El cuerpo del libro es la margen; el alma, lo impreso; su edad, la paginación; el título, su nombre. Los grabados son la vanidad; parece que, antes que lo leáis, están ya diciendo: “¡Mira que buen mozo soy! ¡Que bellezas poseo! ¡Que cosas tan lindas digo!” Los con grabados son los seres más indiscretos, más inoportunos y más impertinentes que conozco; no tienen seriedad ni educación. Revelan antes de tiempo secretos que al lector únicamente toca descubrir; involucran los sucesos; desfiguran a los personajes y dan en tierra con el interés de la narración. Quien no sepa ver con el entendimiento, que cierre el libro. El que ve con la fantasía lo que lee, siempre se lo imagina más perfecto y acabado que el lápiz y el buril puedan hacerlo.

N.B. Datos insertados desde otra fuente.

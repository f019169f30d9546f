-- ===== src/Compose/Waits.antt =====
-- While a swap waits on the codec nothing else happens.
use lortnoc_tahc.Base.{
  ℕ, suc, zero, ◌≡◌, refl, Bool, true, false, Option, none, some, List, [], if_cases, Text, arith,
}
use lortnoc_tahc.Compose.{
  Key, is_send_shortcut, Page, Await, Compose, Sent, Event, pressed, clicked, edited, resolved,
  framed, released, expired, begin_swap, on_keydown, on_click, send_cover_text, release, expire,
  handle_event,
}
use lortnoc_tahc.Compose.Flight.{IsOneSwap}

abbrev pub is_answer : Event → Bool
is_answer (resolved o) = true
is_answer _ = false

-- An event that lets nothing out and leaves the swap in flight alone.
abbrev pub Waits : Option Await → Compose × List Sent → Type 0
Waits w r = (r.0.awaiting ≡ w) × (r.1 ≡ [])

module _ (c : Compose) (w : Await) (h : IsOneSwap c) (a : c.awaiting ≡ some w) where
  marked : c.swapping ≡ true
  marked = ground arith

  begin_swap-marked : (page : Page) → begin_swap page c ≡ c
  unfolding begin_swap
  begin_swap-marked page = rw (marked, begin_swap) refl

  on_click-Waits :
      (page : Page) (pane : ℕ)
      → c.allow_next_click ≡ false
      → Waits (some w) (on_click true page c pane)
  unfolding on_click
  on_click-Waits page pane f =
      if_cases (Waits (some w)) c.allow_next_click (λ e. absurd (ground arith))
        (λ _. (rw (begin_swap-marked page) a, refl))

  on_keydown-Waits :
      (page : Page) (pane : ℕ) (k : Key) → Waits (some w) (on_keydown true page c pane k)
  unfolding on_keydown
  on_keydown-Waits page pane k =
      if_cases (Waits (some w)) (is_send_shortcut k) (λ _. (rw (begin_swap-marked page) a, refl))
        (λ _. (a, refl))

  send_cover_text-Waits :
      (page : Page) (found : Option ℕ) (t : Text)
      → Waits (some w) (send_cover_text true page c found t)
  unfolding send_cover_text
  send_cover_text-Waits page none t = (a, refl)
  send_cover_text-Waits page (some pane) t =
      if_cases (Waits (some w)) c.swapping (λ _. (a, refl)) (λ e. absurd (cc (marked, e)))

  release-Waits : Waits (some w) (release c, [])
  unfolding release
  release-Waits =
      if_cases (λ (d : Compose). Waits (some w) (d, [])) c.release_due (λ _. (a, refl))
        (λ _. (a, refl))

  expire-Waits : (n : ℕ) → Waits (some w) (expire c n, [])
  unfolding expire
  expire-Waits zero = (a, refl)
  expire-Waits (suc n) = (a, refl)

  handle_event-Waits :
      (page : Page) (e : Event)
      → c.allow_next_click ≡ false
      → is_answer e ≡ false
      → Waits (some w) (handle_event true page c e)
  unfolding handle_event
  handle_event-Waits page (pressed pane k) f n = on_keydown-Waits page pane k
  handle_event-Waits page (clicked pane) f n = on_click-Waits page pane f
  handle_event-Waits page (edited pane t) f n = (a, refl)
  handle_event-Waits page (resolved o) f n = absurd (cc n)
  handle_event-Waits page (framed t) f n = send_cover_text-Waits page page.compose t
  handle_event-Waits page released f n = release-Waits
  handle_event-Waits page expired f n = expire-Waits c.expiries

-- While a swap waits on the codec, there is a key, the flags are those of one swap, and no click
-- of ours still has its pass: no event but the codec's answer lets anything reach Telegram, begins
-- another swap or changes what this one is about. An Enter, a click and a handshake frame are all
-- held back.
pub in_flight_waits :
    (c : Compose) (w : Await) (page : Page) (e : Event)
    → IsOneSwap c
    → c.awaiting ≡ some w
    → c.allow_next_click ≡ false
    → is_answer e ≡ false
    → ((handle_event true page c e).0.awaiting ≡ some w) × ((handle_event true page c e).1 ≡ [])
in_flight_waits c w page e h a f n = handle_event-Waits c w h a page e f n
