-- ===== src/Compose/Tests.antt =====
-- Sends at concrete inputs, and the theorems applied to them.
use lortnoc_tahc.Base.{◌≡◌, refl, true, false, some, List, [], ◌∷◌, arith}
use lortnoc_tahc.Keys.{codes}
use lortnoc_tahc.Compose.{
  Key, sends, Page, Compose, covered, pressed, clicked, edited, resolved, framed, released, expired,
  Input, Event, handle_event, run, quiet, read_compose, on_keydown, on_click, begin_swap, do_swap,
  await_cover, replace_compose, on_outcome, send_cover, click_button, send_cover_text, expire,
  release,
}
use lortnoc_tahc.Compose.Safety.{IsPart, texts, covers_of, sends_are_covers}
use lortnoc_tahc.Compose.Waits.{in_flight_waits}
use lortnoc_tahc.Compose.Sends.{enter_sends_cover, switched_pane_sends_draft}

abbrev enter : Key
enter = record { enter = true; shift = false; composing = false }

abbrev page : Page
page = record { compose = some 1; button = sends 1; left = [] }

abbrev on_page : Event → Input
on_page e = record { ready = true; page = page; event = e }

abbrev typed : Compose
typed = record quiet { drafts = λ p. codes " hi\n" }

abbrev waiting : Compose
waiting = record typed { swapping = true; awaiting = some (record { pane = 1; real = codes "hi" }) }

-- A second Enter and a click during the wait are held back, the cover text goes out once, and a
-- handshake frame after it too.
abbrev session : List Input
session =
    on_page (edited 1 (codes "hi "))
    ∷ on_page (pressed 1 enter)
    ∷ on_page (pressed 1 enter)
    ∷ on_page (clicked 1)
    ∷ on_page (resolved (covered (some (codes "nice day"))))
    ∷ on_page (framed (codes "dropped"))
    ∷ on_page released
    ∷ on_page expired
    ∷ on_page (framed (codes "see you"))
    ∷ []

session_sends : texts (run quiet session).1 ≡ codes "nice day" ∷ codes "see you" ∷ []
unfolding run handle_event on_keydown on_click begin_swap do_swap await_cover read_compose
    replace_compose on_outcome send_cover click_button send_cover_text expire release
session_sends = refl

sends_are_covers_example : IsPart (texts (run quiet session).1) (covers_of session)
unfolding handle_event on_keydown on_click begin_swap do_swap await_cover read_compose
    replace_compose on_outcome send_cover click_button send_cover_text expire release
sends_are_covers_example = sends_are_covers quiet session refl (
  (refl, tt),
  (
    (refl, tt),
    (
      (refl, tt),
      ((refl, tt), ((refl, refl), ((refl, refl), ((refl, tt), ((refl, tt), ((refl, refl), tt)))))),
    ),
  ),
)

in_flight_waits_example :
    ((handle_event true page waiting (clicked 1)).0.awaiting ≡ waiting.awaiting)
    × ((handle_event true page waiting (clicked 1)).1 ≡ [])
in_flight_waits_example =
    in_flight_waits waiting (record { pane = 1; real = codes "hi" }) page (clicked 1) (refl, refl)
      refl refl refl

enter_sends_cover_example :
    let pressing = handle_event true page typed (pressed 1 enter) in
    let answering = handle_event false page pressing.0 (resolved (covered (some (codes "nice")))) in
    let ending = handle_event true page answering.0 released in
    (pressing.1 ≡ [])
    × (pressing.0.awaiting ≡ some (record { pane = 1; real = read_compose (typed.drafts 1) }))
    × (answering.1 ≡ record { pane = 1; text = codes "nice" } ∷ [])
    × (ending.0.swapping ≡ false)
unfolding read_compose
enter_sends_cover_example =
    enter_sends_cover page page typed 1 enter (codes "nice") false true refl refl (λ e. cc) refl
      refl

switched_pane_sends_draft_example :
    (handle_event true
      (record { compose = some 2; button = sends 2; left = [] })
      waiting
      (resolved (covered (some (codes "nice"))))).1
    ≡ record { pane = 2; text = waiting.drafts 2 } ∷ []
switched_pane_sends_draft_example =
    switched_pane_sends_draft true (record { compose = some 2; button = sends 2; left = [] })
      waiting (record { pane = 1; real = codes "hi" }) 2 (codes "nice") refl refl
      (λ e. absurd (omega arith))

Leer es pensar y sentir, no mirar. Los libros con grabados son buenos para los niños. Los libros grandes me inspiran tanto miedo y temor, que los pondría en un atril, como en un altar, y leería sus páginas con el sombrero en la mano. El libro en rústica es el libro por excelencia. El hospital de los libros es el taller del encuadernador. Un libro en pergamino es un ictérico; un volumen manuscrito es una flor de trapo; los libros de lujo son la nobleza de la clase; los de escuelas y universidades apenas son libros. Un libro encuadernado en pasta es como un ser enterrado en vida; sus tapas son como la losa del sepulcro, entre las cuales y en letras doradas, se lee su epitafio. No hay nada tan semejante a un cementerio como una biblioteca de libros empastados.

El libro en rústica es comunicativo y espontáneo; en dondequiera que se le deja os sonríe, y por entre sus blancas márgenes deja escapar alguna palabra, os enseña una frase, con la cual os provoca y atrae. El libro en pasta, metido en sí mismo, se halla siempre cerrado a piedra y lodo; os muestra una superficie dura y compacta como una piedra; no tiene expresión ni dice nada; parece que está vuelto de espaldas, que lo desdeña todo; tiene cara de pocos amigos. Un libro en rústica es flexible, se adapta a vuestros gustos; parece que las palabras están saltando del papel, que las hojas se vuelven por sí mismas, que desea agradaros y ser vuestro, vuestro hasta la última gota de su sangre.

Uno en pasta se va de entre las manos; está siempre queriendo escapar; al menor descuido se cierra y os deja con la palabra en la boca; no podéis llevarle a parte alguna sin grandes molestias y dificultades. El libro en rústica es el libro de mis amores, mi amigo inseparable; dondequiera que voy me acompaña; unas veces en el bolsillo, otras en las manos, nunca debajo del brazo; lo llevo conmigo y me habla a todas horas; duerme a mi lado, come en mi mesa, hacemos juntos visitas y por la calle, en medio de la red de coches, tranvías, carros, automóviles y personas que la cruzan en todos los instantes del día, lo tengo ante mis ojos y leo tranquilamente palabra por palabra, línea por líneas y hoja tras hoja.

Mi ambición, mi ideal, es poseer una biblioteca en un jardín. ¡Flores y libros! ¡Perfumes y sentimientos! ¡Ideas y colores!

Temo la muerte porque vendrá a interrumpir mis lecturas. ¡Cuántos libros se publicarán después que yo haya dejado de existir! ¡Que buenas y bellas cosas se imprimirán que yo no he de leer! Esto me desespera.

¡Oh mis queridos libros, vuestros serán mi corazón, mi inteligencia y mi voluntad! No me habléis de mujeres, de fortuna ni de honores; dadme libros, más libros, siempre libros. Cuando la hora de mi muerte haya llegado y comience mi agonía, no me digáis palabras de consuelo, no lloréis; si me amáis, si queréis que muera dichoso, y la eterna sombra se ilumine, y el reino de la muerte me sea querido, abrid los Diálogos de Platón, y con voz clara, vibrante y sonora, leedme el Fedón sobre la inmortalidad del alma.”